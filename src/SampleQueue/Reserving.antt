-- ===== src/SampleQueue/Reserving.antt =====
-- Samples move between the pending ones and the batches of nano_rl/runtime/sample_queue.py.
use nano_rl.Prelude.{
  String, ◌≡◌, refl, ap, true, false, none, some, List, [], ◌∷◌, map, arith, one, if◌then◌else◌,
  All,
}
use nano_rl.Prelude.Equality.{
  string_eq, contains, add, contains-add, count, count-pos, count-zero, count-Unique, Unique,
}
use nano_rl.Prelude.Dict.{
  Dict, lookup, has, insert, erase, Distinct, lookup-insert, lookup-erase, has-erase,
  insert-Distinct, erase-Distinct, total-insert_new, total-erase,
}
use nano_rl.Protocols.{SampleRef, TrainBatch}
use nano_rl.SampleQueue.{SampleQueue, id_of, pop_all, add_all}
use nano_rl.SampleQueue.Places.{in_batch, IsConsistent}

abbrev pub ids : List SampleRef → List String
ids refs = map id_of refs

-- The reference stands among the pending ones, under its own id.
abbrev pub IsPending : SampleQueue → SampleRef → Type 0
IsPending q ref = lookup ref.sample_id q.pending ≡ some ref

pub has-pop_all :
    (s : String) (refs : List SampleRef) (d : Dict String SampleRef)
    → has s (pop_all refs d) ≡ (if contains s (ids refs) then false else has s d)
unfolding pop_all
has-pop_all s [] d = refl
has-pop_all s (ref ∷ refs) d =
    ground (arith, has-pop_all s refs (erase ref.sample_id d), has-erase s ref.sample_id d)

pub lookup-pop_all :
    (s : String) (refs : List SampleRef) (d : Dict String SampleRef)
    → lookup s (pop_all refs d) ≡ (if contains s (ids refs) then none else lookup s d)
unfolding pop_all
lookup-pop_all s [] d = refl
lookup-pop_all s (ref ∷ refs) d =
    ground (arith, lookup-pop_all s refs (erase ref.sample_id d), lookup-erase s ref.sample_id d)

pub lookup_of_pop_all :
    (s : String) (r : SampleRef) (refs : List SampleRef) (d : Dict String SampleRef)
    → lookup s (pop_all refs d) ≡ some r
    → lookup s d ≡ some r
lookup_of_pop_all s r refs d h = ground (arith, lookup-pop_all s refs d)

pub pop_all-Distinct :
    (refs : List SampleRef) (d : Dict String SampleRef) → Distinct d → Distinct (pop_all refs d)
unfolding pop_all
pop_all-Distinct [] d u = u
pop_all-Distinct (ref ∷ refs) d u =
    pop_all-Distinct refs (erase ref.sample_id d) (erase-Distinct ref.sample_id d u)

pub pending_of_contains :
    (s : String) (q : SampleQueue) (refs : List SampleRef)
    → All (IsPending q) refs
    → contains s (ids refs) ≡ true
    → has s q.pending ≡ true
pending_of_contains s q [] h c = cc
pending_of_contains s q (ref ∷ refs) h c =
    ground (arith, pending_of_contains s q refs h.1, string_eq.test_iff ref.sample_id s, h.0)

-- Pending samples may be moved into a new batch.
pub move-IsConsistent :
    (q : SampleQueue) (refs : List SampleRef) (id : String) (batch : TrainBatch)
    → IsConsistent q
    → All (IsPending q) refs
    → Unique (ids refs)
    → has id q.reserved ≡ false
    → batch.sample_ids ≡ ids refs
    → batch.sample_refs ≡ refs
    → IsConsistent
        (record q { pending = pop_all refs q.pending; reserved = insert id batch q.reserved })
move-IsConsistent q refs id batch v in_queue unique fresh same_ids same_refs = record {
  once = λ s. ground (
    arith,
    v.once s,
    total-insert_new (in_batch s) id batch q.reserved fresh,
    has-pop_all s refs q.pending,
    pending_of_contains s q refs in_queue,
    count-Unique s (ids refs) unique,
    ap (count s) same_ids,
  );
  keyed = λ s ref h. v.keyed s ref (lookup_of_pop_all s ref refs q.pending h);
  listed = λ k b h. ground (
    arith,
    v.listed k b,
    lookup-insert k id batch q.reserved,
    same_ids,
    same_refs,
    ap ids same_refs,
  );
  pending_distinct = pop_all-Distinct refs q.pending v.pending_distinct;
  reserved_distinct = insert-Distinct id batch q.reserved v.reserved_distinct;
}

pub contains-add_all :
    (s : String) (xs ys : List String)
    → contains s (add_all xs ys) ≡ (if contains s xs then true else contains s ys)
unfolding add_all
contains-add_all s [] ys = refl
contains-add_all s (x ∷ xs) ys =
    ground (arith, contains-add_all s xs (add x ys), contains-add s x ys)

-- A sample of a reserved batch is in no other place, and stands in the batch once.
pub reserved_once :
    (s id : String) (batch : TrainBatch) (q : SampleQueue)
    → IsConsistent q
    → lookup id q.reserved ≡ some batch
    → (count s batch.sample_ids ≡ one (contains s batch.sample_ids))
      × (contains s batch.sample_ids ≡ true
          → (has s q.pending ≡ false) × (contains s q.acked ≡ false) × (has s q.dropped ≡ false))
reserved_once s id batch q v e = (
  ground (
    arith,
    v.once s,
    total-erase (in_batch s) id batch q.reserved v.reserved_distinct e,
    count-pos s batch.sample_ids,
    count-zero s batch.sample_ids,
  ),
  λ c. ground (
    arith,
    v.once s,
    total-erase (in_batch s) id batch q.reserved v.reserved_distinct e,
    count-pos s batch.sample_ids c,
  ),
)

-- The samples of a reserved batch may become acknowledged.
pub ack-IsConsistent :
    (id : String) (batch : TrainBatch) (q : SampleQueue)
    → IsConsistent q
    → lookup id q.reserved ≡ some batch
    → IsConsistent
        (record q { reserved = erase id q.reserved; acked = add_all batch.sample_ids q.acked })
ack-IsConsistent id batch q v e = record {
  once = λ s.
      let (counted, nowhere_else) = reserved_once s id batch q v e in
      ground (
        arith,
        v.once s,
        total-erase (in_batch s) id batch q.reserved v.reserved_distinct e,
        contains-add_all s batch.sample_ids q.acked,
        counted,
        nowhere_else,
      );
  keyed = v.keyed;
  listed = λ k b h. v.listed k b (ground (arith, lookup-erase k id q.reserved));
  pending_distinct = v.pending_distinct;
  reserved_distinct = erase-Distinct id q.reserved v.reserved_distinct;
}
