-- ===== src/SampleQueue/Selecting.antt =====
-- The selection loop of `reserve_train_batch` in nano_rl/runtime/sample_queue.py.
use mathlib.Core.List.{map-append}
use mathlib.Core.Path.{subst}
use nano_rl.Prelude.{
  ℕ, ◌+◌, ◌≤◌, String, ◌≡◌, refl, false, some, List, [], ◌∷◌, ◌++◌, arith, All, All-append, All-map,
  All-map₂,
}
use nano_rl.Prelude.Equality.{◌==◌, string_eq, contains, Unique, Unique-snoc}
use nano_rl.Prelude.Dict.{Dict, lookup, has, Distinct, lookup-erase, has-insert}
use nano_rl.Protocols.{SampleRef}
use nano_rl.SampleQueue.{SampleQueue, Request, take, judge, select, discard, expired}
use nano_rl.SampleQueue.Loop.{KeepsRound, select_rule}
use nano_rl.SampleQueue.Places.{IsConsistent, discard-IsConsistent}
use nano_rl.SampleQueue.Reserving.{ids, IsPending}

-- What the trainer may still use: neither expired nor too old.
pub record IsUsable (a : Request) (max_policy_lag : ℕ) (ref : SampleRef) : Type 0 where
  pub in_time : expired ref.expires_at a.now ≡ false
  pub recent : a.current_policy_version ≤ max_policy_lag + ref.policy_version

-- What holds between the rounds of the loop, with `rest` still to go.
pub record LoopInv (a : Request) (before : SampleQueue) (rest : Dict String SampleRef)
    (q : SampleQueue) (selected : List SampleRef) : Type 0 where
  pub consistent : IsConsistent q
  pub same_lag : q.max_policy_lag ≡ before.max_policy_lag
  pub same_reserved : q.reserved ≡ before.reserved
  pub same_acked : q.acked ≡ before.acked
  pub origin :
      (s : String) (r : SampleRef) → lookup s q.pending ≡ some r → lookup s before.pending ≡ some r
  pub kept : (s : String) → has s q.dropped ≡ false → lookup s q.pending ≡ lookup s before.pending
  pub rest_pending : All (λ e. lookup e.0 q.pending ≡ some e.1) rest
  pub rest_distinct : Distinct rest
  pub selected_pending : All (IsPending q) selected
  pub selected_unique : Unique (ids selected)
  pub apart : All (λ r. has r.sample_id rest ≡ false) selected
  pub usable : All (IsUsable a before.max_policy_lag) selected

Apart : String → Dict String SampleRef → SampleRef → Type 0
Apart k rest r = ((k == r.sample_id) ≡ false) × (has r.sample_id rest ≡ false)

has-cons :
    (s k : String) (ref : SampleRef) (rest : Dict String SampleRef)
    → has s ((k, ref) ∷ rest) ≡ false
    → ((k == s) ≡ false) × (has s rest ≡ false)
unfolding lookup
has-cons s k ref rest h = ground arith

-- No entry of the rest has the key.
All-ne :
    (k : String) (rest : Dict String SampleRef)
    → has k rest ≡ false
    → All (λ e. (k == e.0) ≡ false) rest
All-ne k [] h = tt
All-ne k ((j, ref) ∷ rest) h =
    let (ne, later) = has-cons k j ref rest h in
    (ground (arith, string_eq.test_iff j k, string_eq.test_iff k j), All-ne k rest later)

contains-ids-apart :
    (k : String) (selected : List SampleRef)
    → All (λ r. (k == r.sample_id) ≡ false) selected
    → contains k (ids selected) ≡ false
contains-ids-apart k [] h = refl
contains-ids-apart k (r ∷ rs) h = ground (
  arith,
  contains-ids-apart k rs h.1,
  h.0,
  string_eq.test_iff r.sample_id k,
  string_eq.test_iff k r.sample_id,
)

module _ (a : Request) (before : SampleQueue) (k : String) (ref : SampleRef)
    (rest : Dict String SampleRef) (q : SampleQueue) (selected : List SampleRef)
    (v : LoopInv a before ((k, ref) ∷ rest) q selected) where
  key : ref.sample_id ≡ k
  key = v.consistent.keyed k ref v.rest_pending.0

  ne_selected : All (λ r. (k == r.sample_id) ≡ false) selected
  ne_selected = All-map selected (λ r h. (has-cons r.sample_id k ref rest h).0) v.apart

  apart_rest : All (λ r. has r.sample_id rest ≡ false) selected
  apart_rest = All-map selected (λ r h. (has-cons r.sample_id k ref rest h).1) v.apart

  discard-LoopInv : (reason : String) → LoopInv a before rest (discard k reason q) selected
  discard-LoopInv reason = record {
    consistent = discard-IsConsistent k reason q (ground (arith, v.rest_pending.0)) v.consistent;
    same_lag = v.same_lag;
    same_reserved = v.same_reserved;
    same_acked = v.same_acked;
    origin = λ s r h. v.origin s r (ground (arith, lookup-erase s k q.pending));
    kept = λ s h.
        ground (arith, v.kept s, has-insert s k reason q.dropped, lookup-erase s k q.pending);
    rest_pending =
        All-map₂ rest (λ e ne h. ground (arith, lookup-erase e.0 k q.pending))
          (All-ne k rest v.rest_distinct.0) v.rest_pending.1;
    rest_distinct = v.rest_distinct.1;
    selected_pending =
        All-map₂ selected (λ r ne h. ground (arith, lookup-erase r.sample_id k q.pending))
          ne_selected v.selected_pending;
    selected_unique = v.selected_unique;
    apart = apart_rest;
    usable = v.usable;
  }

  take-LoopInv :
      IsUsable a before.max_policy_lag ref → LoopInv a before rest q (selected ++ (ref ∷ []))
  take-LoopInv good = record {
    consistent = v.consistent;
    same_lag = v.same_lag;
    same_reserved = v.same_reserved;
    same_acked = v.same_acked;
    origin = v.origin;
    kept = v.kept;
    rest_pending = v.rest_pending.1;
    rest_distinct = v.rest_distinct.1;
    selected_pending =
        All-append _ selected (ref ∷ []) v.selected_pending (simp key v.rest_pending.0, tt);
    selected_unique = rw map-append (
        Unique-snoc (ids selected) ref.sample_id v.selected_unique
          (rw key (contains-ids-apart k selected ne_selected)));
    apart = All-append _ selected (ref ∷ []) apart_rest (rw key v.rest_distinct.0, tt);
    usable = All-append _ selected (ref ∷ []) v.usable (good, tt);
  }

  stop-LoopInv : LoopInv a before [] q selected
  unfolding lookup
  stop-LoopInv = record {
    consistent = v.consistent;
    same_lag = v.same_lag;
    same_reserved = v.same_reserved;
    same_acked = v.same_acked;
    origin = v.origin;
    kept = v.kept;
    rest_pending = tt;
    rest_distinct = tt;
    selected_pending = v.selected_pending;
    selected_unique = v.selected_unique;
    apart = All-map selected (λ r h. refl) v.apart;
    usable = v.usable;
  }

judge-take :
    (a : Request) (q : SampleQueue) (selected : List SampleRef) (tokens : ℕ) (ref : SampleRef)
    → judge a q selected tokens ref ≡ take
    → IsUsable a q.max_policy_lag ref
unfolding judge
judge-take a q selected tokens ref h = record { in_time = ground arith; recent = ground arith }

-- Each entry of a dict without repeated keys is what the key finds.
All-found : (d : Dict String SampleRef) → Distinct d → All (λ e. lookup e.0 d ≡ some e.1) d
unfolding lookup
All-found [] u = tt
All-found ((k, ref) ∷ d) u = (
  ground (arith, string_eq.test_iff k k),
  All-map₂ d (λ e ne h. ground arith) (All-ne k d u.0) (All-found d u.1),
)

pub start-LoopInv : (a : Request) (q : SampleQueue) → IsConsistent q → LoopInv a q q.pending q []
start-LoopInv a q v = record {
  consistent = v;
  same_lag = refl;
  same_reserved = refl;
  same_acked = refl;
  origin = λ s r h. h;
  kept = λ s h. refl;
  rest_pending = All-found q.pending v.pending_distinct;
  rest_distinct = v.pending_distinct;
  selected_pending = tt;
  selected_unique = tt;
  apart = tt;
  usable = tt;
}

loop_keeps :
    (a : Request) (before : SampleQueue)
    → KeepsRound a (λ rest q selected tokens. LoopInv a before rest q selected)
loop_keeps a before = record {
  on_discard = λ reason k ref rest q selected tokens d v.
      discard-LoopInv a before k ref rest q selected v reason;
  on_stop = λ k ref rest q selected tokens d v. stop-LoopInv a before k ref rest q selected v;
  on_take = λ k ref rest q selected tokens e v.
      take-LoopInv a before k ref rest q selected v
        (subst (λ n. IsUsable a n ref) v.same_lag (judge-take a q selected tokens ref e));
}

-- The loop over all that is pending keeps its invariant to the end.
pub select-LoopInv :
    (a : Request) (q : SampleQueue)
    → IsConsistent q
    → LoopInv a q [] (select a q.pending q [] 0).0 (select a q.pending q [] 0).1
select-LoopInv a q v = (select_rule a _ (loop_keeps a q) q.pending q [] 0 (start-LoopInv a q v)).1
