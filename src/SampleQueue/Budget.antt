-- ===== src/SampleQueue/Budget.antt =====
-- How much one reservation of nano_rl/runtime/sample_queue.py takes.
use mathlib.Core.List.{map-append}
use nano_rl.Prelude.{
  ℕ, ◌+◌, ◌≤◌, ◌≡◌, refl, Option, none, some, List, [], ◌∷◌, ◌++◌, map, arith, length,
  length-append, sum, sum-append, ◌⊎◌, inl, inr,
}
use nano_rl.Protocols.{SampleRef}
use nano_rl.SampleQueue.Loop.{KeepsRound, select_rule}
use nano_rl.SampleQueue.{SampleQueue, Request, take, judge, select, tokens_of}

-- One sample is always within the budget; more than one must fit.
abbrev pub Fits : Option ℕ → List SampleRef → Type 0
Fits none selected = Unit
Fits (some limit) selected = (length selected ≤ 1) ⊎ (sum (map tokens_of selected) ≤ limit)

pub record Bounded (a : Request) (selected : List SampleRef) (tokens : ℕ) : Type 0 where
  pub few : length selected ≤ a.max_sequences
  pub counted : tokens ≡ sum (map tokens_of selected)
  pub fits : Fits a.max_tokens selected

sum-snoc :
    (selected : List SampleRef) (ref : SampleRef)
    → sum (map tokens_of (selected ++ (ref ∷ []))) ≡ sum (map tokens_of selected) + ref.num_tokens
sum-snoc selected ref = rw (map-append, sum-append) (omega arith)

take-Fits :
    (limit : Option ℕ) (a : Request) (q : SampleQueue) (selected : List SampleRef) (tokens : ℕ)
    (ref : SampleRef)
    → a.max_tokens ≡ limit
    → tokens ≡ sum (map tokens_of selected)
    → judge a q selected tokens ref ≡ take
    → Fits limit (selected ++ (ref ∷ []))
unfolding judge
take-Fits none a q selected tokens ref e c h = tt
take-Fits (some limit) a q [] tokens ref e c h = inl (omega arith)
take-Fits (some limit) a q (x ∷ xs) tokens ref e c h =
    inr (rw (sum-snoc (x ∷ xs) ref, ← c) (ground arith))

take-Bounded :
    (a : Request) (q : SampleQueue) (selected : List SampleRef) (tokens : ℕ) (ref : SampleRef)
    → Bounded a selected tokens
    → judge a q selected tokens ref ≡ take
    → Bounded a (selected ++ (ref ∷ [])) (tokens + ref.num_tokens)
unfolding judge
take-Bounded a q selected tokens ref v h = record {
  few = ground (arith, length-append selected (ref ∷ []));
  counted = omega (arith, v.counted, sum-snoc selected ref);
  fits = take-Fits a.max_tokens a q selected tokens ref refl v.counted h;
}

budget_keeps : (a : Request) → KeepsRound a (λ rest q selected tokens. Bounded a selected tokens)
budget_keeps a = record {
  on_discard = λ reason k ref rest q selected tokens d v. v;
  on_stop = λ k ref rest q selected tokens d v. v;
  on_take = λ k ref rest q selected tokens e v. take-Bounded a q selected tokens ref v e;
}

start-Fits : (limit : Option ℕ) → Fits limit []
start-Fits none = tt
start-Fits (some limit) = inl (omega arith)

-- The loop never selects more than was asked for.
pub select-Bounded :
    (a : Request) (q : SampleQueue) → (tokens : ℕ) × Bounded a (select a q.pending q [] 0).1 tokens
select-Bounded a q =
    select_rule a _ (budget_keeps a) q.pending q [] 0
      (record { few = omega arith; counted = refl; fits = start-Fits a.max_tokens })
· · · ·
§ About this exercise: The lines to copy run from the start of the records above through the line holding "-- The reference"; give them exactly, both ends included, and nothing else.

§ Your response:
filename src/SampleQueue/Reserving.antt
-- ===== src/SampleQueue/Reserving.antt =====
-- Samples move between the pending ones and the batches of nano_rl/runtime/sample_queue.py.
use nano_rl.Prelude.{
  String, ◌≡◌, refl, ap, true, false, none, some, List, [], ◌∷◌, map, arith, one, if◌then◌else◌,
  All,
}
use nano_rl.Prelude.Equality.{
  string_eq, contains, add, contains-add, count, count-pos, count-zero, count-Unique, Unique,
}
use nano_rl.Prelude.Dict.{
  Dict, lookup, has, insert, erase, Distinct, lookup-insert, lookup-erase, has-erase,
  insert-Distinct, erase-Distinct, total-insert_new, total-erase,
}
use nano_rl.Protocols.{SampleRef, TrainBatch}
use nano_rl.SampleQueue.{SampleQueue, id_of, pop_all, add_all}
use nano_rl.SampleQueue.Places.{in_batch, IsConsistent}

abbrev pub ids : List SampleRef → List String
ids refs = map id_of refs

-- The reference stands among the pending ones, under its own id.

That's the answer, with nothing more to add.